Categories ActualitéOpinion

Emmanuel Macron : les paradoxes de sa communication politique

Après les affaires de Pénélope Fillon, des parlementaires et du financement du FN, de Richard Ferrand et, avant cela, les cas emblématiques des ministres Jérôme Cahuzac et Thomas Thévenoud, les impératifs de déontologie et de transparence de l’action publique ont été rappelés par l’opinion publique et par la justice.

François Hollande avait pris acte de cette nécessité en imposant aux membres de son gouvernement de faire une déclaration de patrimoine. Le Président actuel, Emmanuel Macron poursuit dans cette voie en signant les lois de moralisation de la vie politique dans une surprenante mise en scène.

Dans les deux cas, l’objectif est de rendre visible ce qui ne l’est pas et de permettre un meilleur contrôle démocratique des mandataires.

Cette indispensable dynamique de transparence a un impact sur la communication politique du Président actuel mais sa stratégie mène, d’après moi, à deux paradoxes.

Une très forte présence sur les réseaux sociaux

En 2014, à sa nomination en tant que ministre, Emmanuel Macron était très peu présent sur internet avec une très faible activité sur les réseaux sociaux et une absence de compte Twitter.

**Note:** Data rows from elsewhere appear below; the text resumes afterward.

-- ===== src/Server/Invoke.antt =====
-- server/invoke.rs: `handle`, the handler of every call but the push deliveries.

use open_functions.Prelude.{
  ℕ, ◌*◌, Bytes, codes, true, false, Option, none, some, [], ◌∷◌, ◌++◌, lookup, list_Eq, ℕ_Eq,
  Result, ok, err, if◌then◌else◌,
}
use open_functions.Model.{Function}
use open_functions.Store.{get_function}
use open_functions.Pool.{AcquiredInstance, AcquireError, Pool, rejected, queue_timeout}
use open_functions.Registry.{Outside, Entry}
use open_functions.Forward.{RequestRewriteContext, ForwardFailure, map_outcome, execution_id_header}
use open_functions.Forward.Proxy.{Http, Request, Response, Client}
use open_functions.Server.{
  Circumstances, Reply, passed, error_reply, Host, no_such_function, show_store_error, is_ready,
  forward_failure_outcome, show_failure, api_not_found, internal_error, unavailable, not_ready_yet,
  too_many, record_invocation, acquire_from_pool, call,
}

module _ (w : Http) where
  -- The path replaced by `rest_path`, with the query as it was.
  unfoldable pub rewrite_request_path : Request w → Bytes → Option (Request w)
  rewrite_request_path req rest_path =
      let path_and_query : Bytes = elim (w.query (req.uri)) [
        | none ↦ rest_path
        | some q ↦ rest_path ++ b'?' ∷ q
      ] in
      elim (w.with_path_and_query path_and_query (req.uri)) [
        | none ↦ none
        | some uri ↦ some (record req { uri = uri })
      ]

module _ (o : Outside) (w : Http) (client : Client w) (c : Circumstances) where
  abbrev pub Handled : Type 0
  Handled = Option (Host o w client × Reply w)

  -- The reply to a call that was not forwarded.
  unfoldable pub turned_away :
      (name : Bytes)
      → Function
      → (outcome : Bytes) (status : ℕ) → Reply w
      → Host o w client
      → Handled
  turned_away name f outcome status reply h =
      some (record_invocation o w client name f (codes "http") outcome status false h, reply)

  unfoldable pub refuse : (name : Bytes) → Function → AcquireError → Host o w client → Handled
  unfolding turned_away
  refuse name f rejected h = turned_away name f (codes "rejected") 429 too_many h
  refuse name f (queue_timeout _) h = turned_away name f (codes "rejected") 429 too_many h
  refuse name f AcquireError.draining h =
      turned_away name f (codes "rejected") 503
        (error_reply 503 ((codes "connection", codes "close") ∷ []) (record {
          error = codes "function is being deleted";
          code = codes "UNAVAILABLE";
          state = none;
        }))
        h
  refuse name f (AcquireError.spawn e) h =
      turned_away name f (codes "error") 502
        (error_reply 502 []
          (record { error = c.show_driver_error e; code = codes "UNAVAILABLE"; state = none }))
        h

  -- The reply to a call that was forwarded.
  unfoldable pub answer :
      (name : Bytes)
      → Function
      → (execution_id : Bytes) → Host o w client × Result ForwardFailure (Response w)
      → Host o w client × Reply w
  answer name f execution_id (h, ok resp) = (
    record_invocation o w client name f (codes "http") (codes "ok") resp.status true h,
    passed resp,
  )
  answer name f execution_id (h, err failure) =
      let mapping = map_outcome failure in
      (
        record_invocation o w client name f (codes "http") (forward_failure_outcome failure)
            (mapping.status) true h,
        error_reply (mapping.status) ((execution_id_header, execution_id) ∷ [])
            (record { error = show_failure failure; code = mapping.code; state = none }),
      )

  unfoldable pub forward_call :
      (name : Bytes)
      → Function
      → (client_addr : Bytes) (original_host : Option Bytes) → Request w
      → Entry
      → Pool
      → AcquiredInstance
      → Host o w client
      → Host o w client × Reply w
  unfolding answer
  forward_call name f client_addr original_host req entry p a h =
      let (outer, execution_id) = o.new_uuid h.world.outer in
      let ctx : RequestRewriteContext = record {
        execution_id = execution_id;
        client_addr = client_addr;
        proto = codes "http";
        original_host = original_host;
      } in
      answer name f execution_id (
        call o w client c name entry p a req ctx (f.timeout_secs * 1000)
          (record h { world = record (h.world) { outer = outer } }))

  -- `f` is the record, and its pool is looked up by the name that was resolved.
  unfoldable pub invoke_pool :
      Bytes
      → Function
      → (client_addr : Bytes) (original_host : Option Bytes) → Request w
      → Host o w client
      → Handled
  unfolding turned_away refuse forward_call
  invoke_pool name f client_addr original_host req h = elim (lookup name h.world.pools) [
    | none ↦ turned_away name f (codes "rejected") 503 (unavailable (codes "function not ready")) h
    | some entry ↦ elim (acquire_from_pool o w client c name entry h) [
      | none ↦ none
      | some (h', (p, err e)) ↦ refuse name f e h'
      | some (h', (p, ok a)) ↦ some (forward_call name f client_addr original_host req entry p a h')
    ]
  ]

  unfoldable pub invoke :
      Bytes
      → (client_addr : Bytes) (original_host : Option Bytes) → Request w
      → Host o w client
      → Handled
  unfolding invoke_pool turned_away
  invoke name client_addr original_host req h = elim (get_function name h.world.store) [
    | ok none ↦ some (h, api_not_found (no_such_function name))
    | err e ↦ some (h, internal_error (show_store_error e))
    | ok (some f) ↦
        let away = turned_away name f (codes "rejected") 503 (not_ready_yet f) h in
        let into_pool = invoke_pool name f client_addr original_host req h in
        if is_ready f then into_pool else away
  ]
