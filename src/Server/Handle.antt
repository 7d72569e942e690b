-- ===== src/Server/Handle.antt =====
-- server/invoke.rs: `handle`, from the resolution of a request to its reply.
pub mod Redeploying
use open_functions.Prelude.{Bytes, codes, Option, none, some}
use open_functions.Resolve.{Resolved, path_prefix, host, push, no_match, resolve}
use open_functions.Registry.{Outside}
use open_functions.Forward.{first_text}
use open_functions.Forward.Proxy.{Http, Request, Client}
use open_functions.PubSub.Convert.{Json, Formats}
use open_functions.Server.{InvokeState, Circumstances, Reply, Host, api_bad_request, api_not_found}
use open_functions.Server.Push.{Deliveries, handle_push}
use open_functions.Server.Invoke.{rewrite_request_path, invoke}

module _ (o : Outside) (w : Http) (client : Client w) (j : Json) (f : Formats j)
    (d : Deliveries w j f) (c : Circumstances) (state : InvokeState) where
  -- `client_addr` is the address without its port.
  unfoldable pub handle_resolved :
      (client_addr : Bytes) (original_host : Option Bytes)
      → Request w
      → Host o w client
      → Resolved
      → Option (Host o w client × Reply w)
  handle_resolved client_addr original_host req h no_match =
      some (h, api_not_found (codes "function name required"))
  handle_resolved client_addr original_host req h (path_prefix name rest_path) =
      elim (rewrite_request_path w req rest_path) [
        | none ↦ some (h, api_bad_request (codes "invalid request path"))
        | some req' ↦ invoke o w client c name client_addr original_host req' h
      ]
  handle_resolved client_addr original_host req h (host name) =
      invoke o w client c name client_addr original_host req h
  handle_resolved client_addr original_host req h (push name) =
      handle_push o w client j f d c (state.pubsub_project) name req h

  unfoldable pub handle :
      (client_addr : Bytes) → Request w → Host o w client → Option (Host o w client × Reply w)
  unfolding handle_resolved
  handle client_addr req h =
      let original_host = first_text (w.headers) (codes "host") (req.headers) in
      handle_resolved client_addr original_host req h
        (resolve state.resolver original_host (w.path req.uri))
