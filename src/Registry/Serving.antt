-- ===== src/Registry/Serving.antt =====
-- What a failed deployment leaves: the version that serves.
use open_functions.Prelude.{
  ℕ, Bytes, some, ◌≡◌, refl, ap, subst, ◌∙◌, ◌⊎◌, inl, inr, lookup, insert, lookup-insert, Result,
  ok, err, Result-cases, if◌then◌else◌, list_Eq, ℕ_Eq, list_eq_iff, map_err,
}
use open_functions.Prelude.States.{◌>>=◌, ◌>>◌, resume, return}
use open_functions.Model.{Function, FunctionState, BuildMode, Trigger}
use open_functions.Validate.{validate_function}
use open_functions.Store.{put_function}
use open_functions.Registry.{
  Outside, World, Config, Registering, RegisterError, RegisterRequest, RegisterAccepted, validation,
}
use open_functions.Registry.Activate.{write, reading}
use open_functions.Registry.Record.{
  accept, bind_trigger, build_function_record, fail_build, state_after_failure,
}
use open_functions.Registry.Effects.{
  OnlyOuter, OnlyBindings, then-cases, bind_pubsub_trigger-OnlyBindings,
}

pub record_fields :
    (c : Config) (req : RegisterRequest) (f : Function) (t : ℕ)
    → ((build_function_record c req (some f) t).name ≡ req.name)
      × ((build_function_record c req (some f) t).current_revision ≡ f.current_revision)
unfolding build_function_record
record_fields c req f t = (refl, refl)

module _ (o : Outside) where
  -- The world in which `f` is stored.
  abbrev pub with_function : Function → World o → World o
  with_function f w = record w {
    store = record (w.store) { functions = insert f.name f w.store.functions };
  }

  bind_trigger-OnlyBindings :
      (c : Config) (f : Function) (t : Trigger) (w : World o)
      → OnlyBindings o w (bind_trigger o c f t w)
  unfolding bind_trigger
  bind_trigger-OnlyBindings c f Trigger.http w = refl
  bind_trigger-OnlyBindings c f (Trigger.pubsub topic) w =
      bind_pubsub_trigger-OnlyBindings o c f.name topic f.timeout_secs w

  pub accept-cases :
      (c : Config) (f : Function) (w : World o)
      → ((e : RegisterError) × (accept o c f w ≡ (w, err e)))
        ⊎ ((w' : World o) × (accept o c f w ≡ (w', ok tt)) × OnlyBindings o (with_function f w) w')
  unfolding accept write put_function
  accept-cases c f w = elim (Result-cases (validate_function f)) [
    | inl (_, e) ↦
        let stored = with_function f w in
        inr (
          bind_trigger o c f f.trigger stored,
          rw (e, map_err) refl,
          bind_trigger-OnlyBindings c f f.trigger stored,
        )
    | inr (v, e) ↦ inl (validation v, rw (e, map_err) refl)
  ]

  -- The version of `f` still serves: its pool and the revisions are untouched, and the function is
  -- ready at the revision of `f`.
  pub record StillServes (name : Bytes) (f : Function) (w w' : World o) : Type 0 where
    pub pools : w'.pools ≡ w.pools
    pub revisions : w'.store.revisions ≡ w.store.revisions
    pub function :
        (g : Function) × (lookup name w'.store.functions ≡ some g)
        × (g.state ≡ FunctionState.ready)
        × (g.current_revision ≡ f.current_revision)

  pub StillServes-OnlyOuter :
      (name : Bytes) (f : Function) (w w' : World o)
      → lookup name w.store.functions ≡ some f
      → f.state ≡ FunctionState.ready
      → OnlyOuter o w w'
      → StillServes name f w w'
  StillServes-OnlyOuter name f w w' l s e = record {
    pools = ap (λ v. v.pools) e;
    revisions = ap (λ v. v.store.revisions) e;
    function = (f, ap (λ v. lookup name v.store.functions) e ∙ l, s, refl);
  }

  pub returned :
      {A B : Type 0} (P : World o → Type 0) (b : B) (r : World o × Result RegisterError A)
      → P r.0
      → P (resume {E = RegisterError} (λ _. return b) r).0
  returned P b (w, ok a) p = p
  returned P b (w, err e) p = p

  pub fail_build-StillServes :
      (name : Bytes) (f g : Function) (message : Bytes) (w w' : World o)
      → f.state ≡ FunctionState.ready
      → g.name ≡ name
      → g.current_revision ≡ f.current_revision
      → w'.pools ≡ w.pools
      → w'.store.revisions ≡ w.store.revisions
      → StillServes name f w (fail_build o g (some f) message w').0
  unfolding fail_build write reading put_function state_after_failure
  fail_build-StillServes name f g message w w' s n r ps rs = record {
    pools = ps;
    revisions = rs;
    function = (
      record g {
        state = state_after_failure (some f);
        last_error = some message;
        updated_at = (o.now w'.outer).1;
      },
      lookup-insert g.name name _ w'.store.functions
          ∙ rw ((list_eq_iff g.name name).1 n, if◌then◌else◌) refl,
      rw (s, state_after_failure) refl,
      r,
    );
  }

  pub accepted-StillServes :
      (c : Config) (name : Bytes) (f g : Function) (k : Registering o RegisterAccepted)
      (w w' : World o)
      → OnlyOuter o w w'
      → lookup name w.store.functions ≡ some f
      → f.state ≡ FunctionState.ready
      → ((v : World o)
          → v.pools ≡ w.pools
          → v.store.revisions ≡ w.store.revisions
          → StillServes name f w (k v).0)
      → StillServes name f w ((accept o c g >> k) w').0
  accepted-StillServes c name f g k w w' u l s next = elim (accept-cases c g w') [
    | inl (e, q) ↦ rw (q, ◌>>=◌) (StillServes-OnlyOuter name f w w' l s u)
    | inr (v, q, b) ↦
        rw (q, ◌>>=◌)
          (next v (ap (λ x. x.pools) b ∙ ap (λ x. x.pools) u)
            (ap (λ x. x.store.revisions) b ∙ ap (λ x. x.store.revisions) u))
  ]

  pub chosen-StillServes :
      (name : Bytes) (f : Function) (m : Registering o BuildMode)
      (k : BuildMode → Registering o RegisterAccepted) (w : World o)
      → OnlyOuter o w (m w).0
      → lookup name w.store.functions ≡ some f
      → f.state ≡ FunctionState.ready
      → ((mode : BuildMode) (w' : World o) → OnlyOuter o w w' → StillServes name f w (k mode w').0)
      → StillServes name f w ((m >>= k) w).0
  chosen-StillServes name f m k w u l s next =
      then-cases (λ r. StillServes name f w r.0) m k w
        (λ w' e q. StillServes-OnlyOuter name f w w' l s (subst (λ r. OnlyOuter o w r.0) q u))
        (λ w' mode q. next mode w' (subst (λ r. OnlyOuter o w r.0) q u))
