-- ===== src/Server/Handle/Redeploying.antt =====
-- The calls of a function while a new version of it is built.
use open_functions.Prelude.{
  Bytes, codes, false, Option, some, lookup, lookup-insert_same, list_Eq, ℕ_Eq, Result, ok, ◌≡◌,
  refl, sym, ◌∙◌, ap, subst, inl, inr, if◌then◌else◌, arith,
}
use open_functions.Model.{Function, FunctionState}
use open_functions.Store.{get_function}
use open_functions.Resolve.{host, resolve}
use open_functions.Registry.{Outside, World, Config, RegisterError}
use open_functions.Registry.Record.{accept}
use open_functions.Registry.Serving.{accept-cases}
use open_functions.Forward.{first_text}
use open_functions.Forward.Proxy.{Http, Request, Client}
use open_functions.PubSub.Convert.{Json, Formats}
use open_functions.Server.{
  InvokeState, Circumstances, Host, is_ready, not_ready_yet, record_invocation,
}
use open_functions.Server.Push.{Deliveries}
use open_functions.Server.Invoke.{turned_away, invoke}
use open_functions.Server.Handle.{handle_resolved, handle}

module _ (o : Outside) where
  accept_stores :
      (c : Config) (f : Function) (v v' : World o)
      → accept o c f v ≡ (v', ok tt)
      → (v'.pools ≡ v.pools) × (lookup f.name v'.store.functions ≡ some f)
  accept_stores c f v v' e = elim (accept-cases o c f v) [
    | inl (x, q) ↦ absurd (ground (arith, q))
    | inr (u, q, b) ↦
        let same : u ≡ v' =
          ap (λ (x : World o × Result RegisterError (Unit {0})). x.0) (sym q ∙ e) in
        let pools = ap (λ x. x.pools) b in
        let stored =
          ap (λ x. lookup f.name x.store.functions) b
          ∙ lookup-insert_same f.name f v.store.functions in
        subst (λ x. (x.pools ≡ v.pools) × (lookup f.name x.store.functions ≡ some f)) same
          (pools, stored)
  ]

module _ (o : Outside) (w : Http) (client : Client w) (j : Json) (f : Formats j)
    (d : Deliveries w j f) (c : Circumstances) where
  invoke_not_ready :
      (name addr : Bytes) (host_header : Option Bytes) (fn : Function) (req : Request w)
      (h : Host o w client)
      → lookup name h.world.store.functions ≡ some fn
      → is_ready fn ≡ false
      → invoke o w client c name addr host_header req h
        ≡ some (
          record_invocation o w client name fn (codes "http") (codes "rejected") 503 false h,
          not_ready_yet fn,
        )
  unfolding invoke get_function turned_away
  invoke_not_ready name addr host_header fn req h l r = rw (l, r, invoke, if◌then◌else◌) refl

  -- Once a registration of a function in the state `building` is accepted, and so while its new
  -- version is built, a call of the function by its host is answered with 503 and changes nothing
  -- but the metrics, although all pools are still there.
  pub handle-accept :
      (config : Config) (state : InvokeState) (addr : Bytes) (fn : Function) (req : Request w)
      (v : World o) (h : Host o w client)
      → fn.state ≡ FunctionState.building
      → accept o config fn v ≡ (h.world, ok tt)
      → resolve state.resolver (first_text w.headers (codes "host") req.headers) (w.path req.uri)
        ≡ host fn.name
      → (h.world.pools ≡ v.pools)
        × (handle o w client j f d c state addr req h
            ≡ some (
              record_invocation o w client fn.name fn (codes "http") (codes "rejected") 503 false h,
              not_ready_yet fn,
            ))
  unfolding handle handle_resolved is_ready
  handle-accept config state addr fn req v h b e r =
      let (pools, stored) = accept_stores o config fn v h.world e in
      let host_header = first_text (w.headers) (codes "host") (req.headers) in
      let closed : is_ready fn ≡ false = rw (b, is_ready) refl in
      (pools, rw (r, handle) (invoke_not_ready fn.name addr host_header fn req h stored closed))
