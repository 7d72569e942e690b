-- ===== src/PubSub/Convert/Accepts.antt =====
-- Which push deliveries are well-formed, and which error the others have.
use open_functions.Prelude.{
  [], Bytes, codes, true, false, none, some, Result-cases, ok, ◌≡◌, sym, ap, ◌⊎◌, inl, inr, ◌↔◌,
  Option-cases, Bool-cases, arith, ◌>>=◌,
}
use open_functions.PubSub.Convert.{
  Json, Formats, PushEnvelope, and_then, ok_or, message_data, envelope_of, parse_push_envelope,
}

module _ (j : Json) (f : Formats j) where
  -- `content` is what the message carries: nothing, or the decoded text.
  abbrev pub Carries : j.Object → Bytes → Type 0
  Carries message content =
      ((j.get (codes "data") message ≡ none) × (content ≡ []))
      ⊎ ((v : j.Value) × (j.get (codes "data") message ≡ some v)
          × (((j.is_null v ≡ true) × (content ≡ []))
              ⊎ ((text : Bytes) × (j.is_null v ≡ false)
                  × (j.as_str v ≡ some text)
                  × (f.decode text ≡ some content))))

  -- The body is a JSON object with a message object, which carries `content`.
  pub record IsDelivery (raw : Bytes) (root message : j.Object) (content : Bytes) : Type 0 where
    pub value : j.Value
    pub parsed : j.from_slice raw ≡ some value
    pub is_object : j.as_object value ≡ some root
    pub has_message : and_then (j.get (codes "message") root) (j.as_object) ≡ some message
    pub carries : Carries message content

  message_data_sound :
      (message : j.Object) (content : Bytes)
      → message_data j f message ≡ ok content
      → Carries message content
  unfolding message_data
  message_data_sound message content h = elim (Option-cases (j.get (codes "data") message)) [
    | inl n ↦ inl (n, ground arith)
    | inr (v, e) ↦ inr (
      v,
      e,
      elim (Bool-cases (j.is_null v)) [
        | inl t ↦ inl (t, ground arith)
        | inr t ↦ elim (Option-cases (j.as_str v)) [
          | inl s ↦ absurd (ground arith)
          | inr (text, s) ↦ elim (Option-cases (f.decode text)) [
            | inl d ↦ absurd (ground arith)
            | inr (c, d) ↦ inr (text, t, s, ground arith)
          ]
        ]
      ],
    )
  ]

  message_data_complete :
      (message : j.Object) (content : Bytes)
      → Carries message content
      → message_data j f message ≡ ok content
  unfolding message_data
  message_data_complete message content (inl (n, e)) = ground arith
  message_data_complete message content (inr (v, e, inl (t, c))) = ground arith
  message_data_complete message content (inr (v, e, inr (text, t, s, c))) = ground arith

  parse_sound :
      (t raw : Bytes) (e : PushEnvelope)
      → parse_push_envelope j f t raw ≡ ok e
      → (root : j.Object) × (message : j.Object) × (content : Bytes) × IsDelivery raw root message
          content
        × (e ≡ envelope_of j f t root message content)
  unfolding parse_push_envelope
  parse_sound t raw e h = elim (Option-cases (j.from_slice raw)) [
    | inl n ↦ absurd (ground arith)
    | inr (value, p) ↦ elim (Option-cases (j.as_object value)) [
      | inl n ↦ absurd (ground arith)
      | inr (root, q) ↦
          elim (Option-cases (and_then (j.get (codes "message") root) (j.as_object))) [
            | inl n ↦ absurd (ground arith)
            | inr (message, m) ↦ elim (Result-cases (message_data j f message)) [
              | inl (content, d) ↦ (
                root,
                message,
                content,
                record {
                  value = value;
                  parsed = p;
                  is_object = q;
                  has_message = m;
                  carries = message_data_sound message content d;
                },
                ground arith,
              )
              | inr (x, d) ↦ absurd (ground arith)
            ]
          ]
    ]
  ]

  -- A body is accepted exactly when it is a JSON object with a message object whose data is absent,
  -- null or a text that base64 decodes; the envelope is then made of these.
  pub parse_push_envelope_iff :
      (t raw : Bytes) (e : PushEnvelope)
      → (parse_push_envelope j f t raw ≡ ok e) ↔ (
          (root : j.Object) × (message : j.Object) × (content : Bytes) × IsDelivery raw root message
            content
          × (e ≡ envelope_of j f t root message content))
  unfolding parse_push_envelope
  parse_push_envelope_iff t raw e = (
    parse_sound t raw e,
    λ (root, message, content, d, q).
        rw
          (
            d.parsed,
            d.is_object,
            d.has_message,
            message_data_complete message content d.carries,
            ◌>>=◌,
            ok_or,
          )
          (ap ok (sym q)),
  )
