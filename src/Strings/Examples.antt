-- ===== src/Strings/Examples.antt =====
-- The theorems on src/string.c at a memory that holds "hi" at 16 and "ho" at 32.
use x.Base.{ℕ, ◌≡◌, refl, ◌↔◌, some, List, [], ◌∷◌, ◌==◌, if◌then◌else◌, arith}
use x.Strings.{Memory, memmove, strcmp, strncmp, int_of_char, char_difference}
use x.Strings.Copy.{moved, memmove_lem}
use x.Strings.Text.{IsString}
use x.Strings.Compare.{difference, take, strncmp_lem}

abbrev words : Memory
words a =
    if a == 16
    then 104
    else if a == 17
    then 105
    else if a == 32
    then 104
    else if a == 33
    then 111
    else 0

memmove_lem_example :
    ((memmove words 17 16 2).0 ≡ 17)
    × ((q : ℕ) → (memmove words 17 16 2).1 q ≡ moved words 17 16 2 q)
memmove_lem_example = memmove_lem words 17 16 2

abbrev hi_text : List ℕ
hi_text = 104 ∷ 105 ∷ []

abbrev ho_text : List ℕ
ho_text = 104 ∷ 111 ∷ []

hi : IsString words 16 hi_text
hi = (refl, omega arith, omega arith, (refl, omega arith, omega arith, refl))

ho : IsString words 32 ho_text
ho = (refl, omega arith, omega arith, (refl, omega arith, omega arith, refl))

strncmp_lem_example :
    (strncmp words 16 32 1 ≡ difference (take 1 hi_text) (take 1 ho_text))
    × ((strncmp words 16 32 1 ≡ 0) ↔ (take 1 hi_text ≡ take 1 ho_text))
strncmp_lem_example = strncmp_lem 1 words 16 32 hi_text ho_text hi ho

-- "hi" is less than "ho"; a byte from 128 on counts as negative.
less : strcmp 3 words 16 32 ≡ some 4294967290
unfolding strcmp char_difference int_of_char
less = refl

negative : char_difference 200 104 ≡ 4294967136
unfolding char_difference int_of_char
negative = refl
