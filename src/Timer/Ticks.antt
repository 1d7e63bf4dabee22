-- ===== src/Timer/Ticks.antt =====
-- The arithmetic of ticks in src/timer.c, which wraps around after 2^32 ticks.
use x.Base.{ℕ, ◌<◌, ◌≡◌, leb, ltb, arith}
use x.Base.Word.{sub32}
use x.Timer.{timer_ticks_expired, timer_ticks_occurred}

-- Of two ticks less than 2^31 behind a common base, the one has expired with respect to the other
-- exactly if it is nearer to the base, and has occurred exactly if it is no farther, also where the
-- counter wraps around in between.
pub expired_window :
    (base ticks ref : ℕ)
    → base < 4294967296
    → ticks < 4294967296
    → ref < 4294967296
    → sub32 ticks base < 2147483648
    → sub32 ref base < 2147483648
    → (timer_ticks_expired ticks ref ≡ ltb (sub32 ticks base) (sub32 ref base))
      × (timer_ticks_occurred ticks ref ≡ leb (sub32 ticks base) (sub32 ref base))
unfolding timer_ticks_expired timer_ticks_occurred
expired_window base ticks ref lb lt lr near_ticks near_ref = (ground arith, ground arith)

A ce moment-là, il y a un profond sens de la discrétion. Peu de jours après sa nomination sera d’ailleurs créée, en catastrophe, une page Facebook à son nom.

Aujourd’hui, le Président français est très présent sur les réseaux sociaux. Avec un accent particulier pour les diffusions en Live. Pour chaque événement ou déplacement, sa page Facebook et son compte Twitter proposent un streaming live. Cette forte présence, cette volonté de « tout montrer » nécessite des équipes et un personnel spécialisé : le président ne sort pas sans son photographe personnel et son community manager (chargé de filmer les vidéos en Live).

Comme l’indique d’ailleurs très justement Fabrice Lamirault dans son excellent article sur la stratégie digitale de l’Elysée, le gouvernement et le Président pourraient même aller plus loin en créant une chaîne Youtube à vocation pédagogique.

La presse tenue à l’écart

Mais dans cette volonté de communiquer directement avec les citoyens, il y a un absent : la presse. En effet, la presse n’a plus accès au Président. Dans de nombreux déplacements, elle est cantonnée à attendre dehors, à lutter pour avoir des images ou à réutiliser les images fournies par l’Elysée. Et quand ils reçoivent l’accréditation nécessaire pour accompagner, les journalistes sont très soigneusement sélectionnés et ont un accès réduit au Président.

Lorsque, fait rare, un entretien sur le temps long est organisé avec le Président, celui-ci est très consensuel et attire un nombre extraordinaire de critiques. Je pense particulièrement à l’entretien avec Laurent Delahousse, qualifié de « deux copains qui ont passé une bonne soirée » (J-J. Bourdin, BFM-RMC) , de « visite immobilière » (C. Magnien, RMC) ou encore de « journalisme couché » (Mediapart).

Paradoxes de la communication politique de Macron

D’après moi, la stratégie de communication d’Emmanuel Macron et sa volonté de transparence entraînent deux paradoxes. 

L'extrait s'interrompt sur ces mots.